** REQUIREMENT **
Every line from the one containing "user-Holds s h = elim" to the one containing "(found : Option" in the records below, both included, must be set down exactly, and no other line.

** EXERCISE DATA **
═══

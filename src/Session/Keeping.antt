-- ===== src/Session/Keeping.antt =====
-- What the operations of a session in redis leave as it is: a property of the meta and of the clone
-- that a session keeps.
use dce_rust.Base.{
  ℕ, ◌≡◌, refl, Bool, true, false, Option, none, some, List, Option-cases, Bool-cases, inl, inr,
  is_empty,
}
use dce_rust.Text.{Str, text}
use dce_rust.Error.{Outcome, ok, err, panics, out_of_fuel, closed0_wrap}
use dce_rust.Session.Meta.{Meta, gen_id}
use dce_rust.Session.Meta
use dce_rust.Session.Trait.{Ran, ◌>>!◌, is_touched, apply_filters}
use dce_rust.Session.Trait
use dce_rust.Session.Redis.{
  Redis, RedisSession, Snapshot, on_redis, redis_store, ttl_of, silent_get, touch, load, raw,
  cloned_key, ttl_passed, cloned_ttl_passed, cloned_touch,
}
use dce_rust.Session.User.{
  dropped, keep_user, with_user, loaded, user, uid, user_key, mapping, cloned_unmapping,
  cloned_destroy, gen_user_key, mapping_ttl_seconds,
}
use dce_rust.Session.User

-- A property that holds of a session after its first step holds after both.
pub >>!-holds :
    {A B S : Type 0} (P : S → Type 0) (m : Ran A S) (k : A → S → Ran B S)
    → P m.1
    → ((a : A) (s : S) → P s → P (k a s).1)
    → P (m >>! k).1
>>!-holds P (ok a, s) k h go = go a s h
>>!-holds P (err e, s) k h go = h
>>!-holds P (panics, s) k h go = h
>>!-holds P (out_of_fuel, s) k h go = h

pub dropped-state : {A S : Type 0} (m : Ran A S) → (dropped m).1 ≡ m.1
unfolding dropped
dropped-state (ok a, s) = refl
dropped-state (err e, s) = refl
dropped-state (panics, s) = refl
dropped-state (out_of_fuel, s) = refl

pub dropped-holds : {A S : Type 0} (P : S → Type 0) (m : Ran A S) → P m.1 → P (dropped m).1
unfolding dropped
dropped-holds P (ok a, s) h = h
dropped-holds P (err e, s) h = h
dropped-holds P (panics, s) h = h
dropped-holds P (out_of_fuel, s) h = h

module _ {R U : Type 0} (P : Meta → Option (Snapshot U) → Type 0) where
  abbrev pub Holds : RedisSession R U → Type 0
  Holds s = P s.meta s.cloned

  pub on_redis-Holds :
      {A : Type 0} (command : R → Outcome A × R) (s : RedisSession R U)
      → Holds s
      → Holds (on_redis command s).1
  unfolding on_redis
  on_redis-Holds command s h = elim (Option-cases s.redis) [
    | inl gone ↦ rw (gone, on_redis) h
    | inr (redis, there) ↦ rw (there, on_redis) h
  ]

  module _ (commands : Redis R) where
    ttl_of-Holds : (key : Str) (s : RedisSession R U) → Holds s → Holds (ttl_of commands key s).1
    unfolding ttl_of
    ttl_of-Holds key s h = elim (Option-cases s.redis) [
      | inl gone ↦ rw (gone, ttl_of) h
      | inr (redis, there) ↦ rw (there, ttl_of) h
    ]

    pub ttl_passed-Holds : (s : RedisSession R U) → Holds s → Holds (ttl_passed commands s).1
    unfolding ttl_passed
    ttl_passed-Holds s h = ttl_of-Holds _ s h

    pub cloned_ttl_passed-Holds :
        (s : RedisSession R U) → Holds s → Holds (cloned_ttl_passed commands s).1
    unfolding cloned_ttl_passed
    cloned_ttl_passed-Holds s h =
        >>!-holds Holds (cloned_key commands s, s) (λ key t. ttl_of commands key t) h
          (λ key t g. ttl_of-Holds key t g)

    pub cloned_touch-Holds : (s : RedisSession R U) → Holds s → Holds (cloned_touch commands s).1
    unfolding cloned_touch
    cloned_touch-Holds s h =
        >>!-holds Holds (cloned_key commands s, s) _ h (λ key t g. on_redis-Holds _ t g)

    module _ (uid_of : U → ℕ) (from_json : Str → Outcome U) (to_json : U → Outcome Str) where
      cloned_unmapping-Holds :
          (s : RedisSession R U)
          → Holds s
          → Holds (cloned_unmapping commands uid_of from_json to_json s).1
      unfolding cloned_unmapping
      cloned_unmapping-Holds s h = elim (Option-cases s.cloned) [
        | inl gone ↦ rw (gone, cloned_unmapping) h
        | inr (c, there) ↦ elim (Option-cases c.user_meta.user) [
          | inl nobody ↦ rw (there, cloned_unmapping) (rw (nobody) h)
          | inr (u, found) ↦ rw (there, cloned_unmapping) (rw (found) (on_redis-Holds _ s h))
        ]
      ]

      pub cloned_destroy-Holds :
          (s : RedisSession R U)
          → Holds s
          → Holds (cloned_destroy commands uid_of from_json to_json s).1
      unfolding cloned_destroy
      cloned_destroy-Holds s h =
          let one = cloned_unmapping commands uid_of from_json to_json s in
          let two = one >>! (λ _ t. (cloned_key commands t, t)) in
          let three = two >>! (λ key t. on_redis (commands.del key) t) in
          >>!-holds Holds three (λ _ t. (ok true, t))
            (>>!-holds Holds two (λ key t. on_redis (commands.del key) t)
              (>>!-holds Holds one (λ _ t. (cloned_key commands t, t)) (cloned_unmapping-Holds s h)
                (λ _ t g. g))
              (λ key t g. on_redis-Holds (commands.del key) t g))
            (λ _ t g. g)

      keep_user-Holds :
          (r : Ran Str (RedisSession R U))
          → Holds r.1
          → Holds (keep_user commands uid_of from_json to_json r).1
      unfolding keep_user
      keep_user-Holds (ok json, s) h =
          elim (from_json json)
            as (λ o.
              Holds
                (elim o as (λ _. Ran (Unit {0}) (RedisSession R U)) [
                  | ok user ↦ (ok tt, with_user commands uid_of from_json to_json (some user) s)
                  | err e ↦ (ok tt, s)
                  | panics ↦ (panics, s)
                  | out_of_fuel ↦ (out_of_fuel, s)
                ]).1) [ ok user ↦ h | err e ↦ h | panics ↦ h | out_of_fuel ↦ h ]
      keep_user-Holds (err e, s) h = h
      keep_user-Holds (panics, s) h = h
      keep_user-Holds (out_of_fuel, s) h = h

      pub user-Holds :
          (s : RedisSession R U) → Holds s → Holds (user commands uid_of from_json to_json s).1
      unfolding user silent_get
      user-Holds s h = elim (Bool-cases s.user_meta.try_loaded) [
        | inl known ↦ rw (known, user) h
        | inr fresh ↦
            rw (fresh, user)
              (>>!-holds Holds
                (keep_user commands uid_of from_json to_json
                  (silent_get commands s.user_meta.user_field s))
                (λ _ t.
                  let noted = loaded commands uid_of from_json to_json true t in
                  (ok noted.user_meta.user, noted))
                (keep_user-Holds (silent_get commands s.user_meta.user_field s)
                  (on_redis-Holds _ s h))
                (λ _ t g. g))
      ]

      found-Holds :
          (found : Option U) (t : RedisSession R U)
          → Holds t
          → Holds
              (elim found as (λ _. Ran ℕ (RedisSession R U)) [
                | none ↦ (closed0_wrap (text "Not a logged session cannot take uid"), t)
                | some u ↦ (ok (uid_of u), t)
              ]).1
      found-Holds none t h = h
      found-Holds (some u) t h = h

      user_key-Holds :
          (s : RedisSession R U) → Holds s → Holds (user_key commands uid_of from_json to_json s).1
      unfolding user_key uid
      user_key-Holds s h =
          >>!-holds Holds (uid commands uid_of from_json to_json s)
            (λ id t. (ok (gen_user_key t.user_meta.key_prefix id), t))
            (>>!-holds Holds (user commands uid_of from_json to_json s)
              (λ found t. elim found [
                | none ↦ (closed0_wrap (text "Not a logged session cannot take uid"), t)
                | some u ↦ (ok (uid_of u), t)
              ])
              (user-Holds s h) found-Holds)
            (λ id t g. g)

      pub mapping-Holds :
          (s : RedisSession R U) → Holds s → Holds (mapping commands uid_of from_json to_json s).1
      unfolding mapping
      mapping-Holds s h =
          >>!-holds Holds (user_key commands uid_of from_json to_json s)
            (λ key t.
              on_redis (commands.sadd key t.meta.sid) t
              >>! (λ _ u. on_redis (commands.expire key mapping_ttl_seconds) u))
            (user_key-Holds s h)
            (λ key t g.
              >>!-holds Holds (on_redis (commands.sadd key t.meta.sid) t)
                (λ _ u. on_redis (commands.expire key mapping_ttl_seconds) u)
                (on_redis-Holds (commands.sadd key t.meta.sid) t g)
                (λ _ v k. on_redis-Holds (commands.expire key mapping_ttl_seconds) v k))

    module _
        (noted : (m : Meta) (c : Option (Snapshot U)) (b : Bool)
          → P m c
          → P (record m { touches = some b }) c) where
      pub try_touch-Holds :
          (s : RedisSession R U) → Holds s → Holds (Trait.try_touch (redis_store commands) s).1
      unfolding Trait.try_touch redis_store
      try_touch-Holds s h = elim (Option-cases s.meta.touches) [
        | inl never ↦
            rw (never, Trait.try_touch)
              (>>!-holds Holds (touch commands s)
                (λ touches t.
                  let kept = record t { meta = record t.meta { touches = some touches } } in
                  (ok (is_touched (redis_store commands) kept), kept))
                (on_redis-Holds _ s h) (λ touches t g. noted t.meta t.cloned touches g))
        | inr (b, there) ↦ rw (there, Trait.try_touch) h
      ]

      pub load_or_not-Holds :
          (filtered : List (Str × Str)) (b : Bool) (s : RedisSession R U)
          → Holds s
          → Holds
              (elim b as (λ _. Ran Bool (RedisSession R U)) [
                | true ↦ (ok true, s)
                | false ↦
                    load commands filtered s
                    >>! (λ _ loaded. Trait.try_touch (redis_store commands) loaded)
              ]).1
      unfolding load redis_store
      load_or_not-Holds filtered true s h = h
      load_or_not-Holds filtered false s h =
          >>!-holds Holds (load commands filtered s)
            (λ _ loaded. Trait.try_touch (redis_store commands) loaded) (on_redis-Holds _ s h)
            (λ _ t g. try_touch-Holds t g)

      module _ (uid_of : U → ℕ) (from_json : Str → Outcome U) (to_json : U → Outcome Str)
          (now : Outcome (ℕ × ℕ)) (random : ℕ) (hash : Str → Str)
          (named : (m : Meta) (c : Option (Snapshot U))
            → P m c
            → P (Meta.renew now random hash none m).1 c) where
        trait_renew-Holds :
            (filters : List (Str × Option Str)) (s : RedisSession R U)
            → Holds s
            → Holds (Trait.renew (redis_store commands) now random hash filters s).1
        unfolding Trait.renew Trait.renew_meta redis_store
        trait_renew-Holds filters s h =
            let rest = λ (filtered : List (Str × Str)) (renewed : RedisSession R U).
              elim (is_empty filtered) as (λ _. Ran Bool (RedisSession R U)) [
                | true ↦ (ok true, renewed)
                | false ↦
                    load commands filtered renewed
                    >>! (λ _ loaded. Trait.try_touch (redis_store commands) loaded)
              ] in
            let store : Trait.Session (RedisSession R U) = redis_store commands in
            >>!-holds Holds (raw commands s)
              (λ found t.
                Trait.renew_meta store now random hash none t
                >>! (λ _ renewed. rest (apply_filters filters found) renewed))
              (on_redis-Holds _ s h)
              (λ found t g.
                >>!-holds Holds (Trait.renew_meta store now random hash none t)
                  (λ _ renewed. rest (apply_filters filters found) renewed)
                  (named t.meta t.cloned g)
                  (λ _ renewed k.
                    load_or_not-Holds (apply_filters filters found)
                      (is_empty (apply_filters filters found)) renewed k))

        pub renew-Holds :
            (filters : List (Str × Option Str)) (s : RedisSession R U)
            → Holds s
            → Holds (User.renew commands uid_of from_json to_json now random hash filters s).1
        unfolding User.renew
        renew-Holds filters s h =
            >>!-holds Holds (Trait.renew (redis_store commands) now random hash filters s)
              (λ result t.
                dropped (
                  mapping commands uid_of from_json to_json
                    (loaded commands uid_of from_json to_json false t))
                >>! (λ _ u. (ok result, u)))
              (trait_renew-Holds filters s h)
              (λ result t g.
                let unloaded = loaded commands uid_of from_json to_json false t in
                >>!-holds Holds (dropped (mapping commands uid_of from_json to_json unloaded))
                  (λ _ u. (ok result, u))
                  (dropped-holds Holds (mapping commands uid_of from_json to_json unloaded)
                    (mapping-Holds uid_of from_json to_json unloaded g))
                  (λ _ u k. k))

═══

** TASK SOLUTION **
      user-Holds s h = elim (Bool-cases s.user_meta.try_loaded) [
        | inl known ↦ rw (known, user) h
        | inr fresh ↦
            rw (fresh, user)
              (>>!-holds Holds
                (keep_user commands uid_of from_json to_json
                  (silent_get commands s.user_meta.user_field s))
                (λ _ t.
                  let noted = loaded commands uid_of from_json to_json true t in
                  (ok noted.user_meta.user, noted))
                (keep_user-Holds (silent_get commands s.user_meta.user_field s)
                  (on_redis-Holds _ s h))
                (λ _ t g. g))
      ]

      found-Holds :
          (found : Option U) (t : RedisSession R U)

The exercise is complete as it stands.